• **TASK**
Would you output the entries below only from the line containing "abbrev watch_first : String" through the line containing "get_named_logs config r = elim", exactly as they stand and with both ends included?

___

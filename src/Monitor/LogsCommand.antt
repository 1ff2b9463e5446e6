-- ===== src/Monitor/LogsCommand.antt =====
-- The `logs` command of tools/monitor.py: the tasks that it submits, and the logs that they find.
-- The tasks run one after the other; what Kubernetes answers comes in as functions, where `none` is
-- an `ApiException`.
use sunstorm_xactserver.Base.{String, Bool, true, false, Option, none, some, List, [], ◌∷◌, ◌++◌}
use sunstorm_xactserver.Base.Dict.{Dict}
use sunstorm_xactserver.Base.Result.{Result, ok, err, ◌>>=◌}
use sunstorm_xactserver.Config.{MainConfig, NamespaceInfo, ContextError, get_context}
use sunstorm_xactserver.Monitor.{get_chosen_namespaces}

pub data Target : Type 0 where
  deployment pod : String → Target

-- What `_get_named_logs` is called with.
record Request : Type 0 where
  pub namespace : String
  pub region : String
  pub target : Target

-- `args.deployment` and `args.pod`
abbrev PodsAndLogs : Type 0
PodsAndLogs = Option (List String) × Option (List String)

-- The assignment to `args.deployment`, which later namespaces see too.
pub with_default : PodsAndLogs → PodsAndLogs
with_default (none, none) = (some ("compute" ∷ "xactserver" ∷ []), none)
with_default (some ds, pods) = (some ds, pods)
with_default (none, some ps) = (none, some ps)

abbrev or_none : Option (List String) → List String
or_none none = []
or_none (some names) = names

abbrev requests_in : String → String → (String → Target) → List String → List Request
requests_in ns region target [] = []
requests_in ns region target (name ∷ names) =
    (record { namespace = ns; region = region; target = target name })
    ∷ requests_in ns region target names

-- The loop of `do_command`.
requests : PodsAndLogs → Dict String NamespaceInfo → List Request
unfolding with_default
requests args [] = []
requests args ((ns, info) ∷ rest) =
    let args1 = with_default args in
    requests_in ns info.region deployment (or_none args1.0)
    ++ (requests_in ns info.region pod (or_none args1.1) ++ requests args1 rest)

-- `NamedLogs`, with the pod whose lines are in the stream.
pub record Watched : Type 0 where
  pub namespace : String
  pub name : String
  from_pod : String

pub data WatchError : Type 0 where
  api_error : WatchError
  context_error : ContextError → WatchError

-- The labels of a deployment, the pods with some labels, and whether the logs of a pod can be read.
pub record Api : Type 0 where
  pub selector : String → String → Option (List (String × String))
  pub pods : String → List (String × String) → Option (List String)
  has_logs : String → String → Bool

-- `deployment if deployment else pods[0]`
abbrev shown_name : Target → String → String
shown_name (deployment d) first = d
shown_name (pod p) first = first

abbrev pub or_raise : {A : Type 0} → Option A → Result WatchError A
or_raise none = err api_error
or_raise (some a) = ok a

module _ (api : Api) where
  abbrev pods_of : String → Target → Result WatchError (List String)
  pods_of ns (pod p) = ok (p ∷ [])
  pods_of ns (deployment d) =
      or_raise (api.selector d ns) >>= λ selector. or_raise (api.pods ns selector)

  -- Only the first pod is watched.
  abbrev watch_first : String → Target → List String → Option Watched
  watch_first ns target [] = none
  watch_first ns target (first ∷ _) = elim (api.has_logs ns first) [
    | true ↦ some (record { namespace = ns; name = shown_name target first; from_pod = first })
    | false ↦ none
  ]

  get_named_logs : MainConfig → Request → Result WatchError (Option Watched)
  unfolding get_context
  get_named_logs config r = elim (get_context config r.region) [
    | err e ↦ err (context_error e)
    | ok _ ↦ pods_of r.namespace r.target >>= λ pods. ok (watch_first r.namespace r.target pods)
  ]

  abbrev add_found : Option Watched → List Watched → List Watched
  add_found none later = later
  add_found (some w) later = w ∷ later

  -- `[task.result() for task in tasks if task.result()]`
  results : MainConfig → List Request → Result WatchError (List Watched)
  unfolding get_named_logs
  results config [] = ok []
  results config (r ∷ rest) = get_named_logs config r >>= λ found.
      results config rest >>= λ later. ok (add_found found later)

  -- The logs that are watched, once the prompt is answered.
  unfoldable pub named_logs :
      MainConfig → List String → PodsAndLogs → Result WatchError (List Watched)
  unfolding results requests get_chosen_namespaces
  named_logs config names args =
      results config (requests args (get_chosen_namespaces config names).0)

___

• **ANSWER TO THIS PROBLEM**
  abbrev watch_first : String → Target → List String → Option Watched
  watch_first ns target [] = none
  watch_first ns target (first ∷ _) = elim (api.has_logs ns first) [
    | true ↦ some (record { namespace = ns; name = shown_name target first; from_pod = first })
    | false ↦ none
  ]

  get_named_logs : MainConfig → Request → Result WatchError (Option Watched)
  unfolding get_context
  get_named_logs config r = elim (get_context config r.region) [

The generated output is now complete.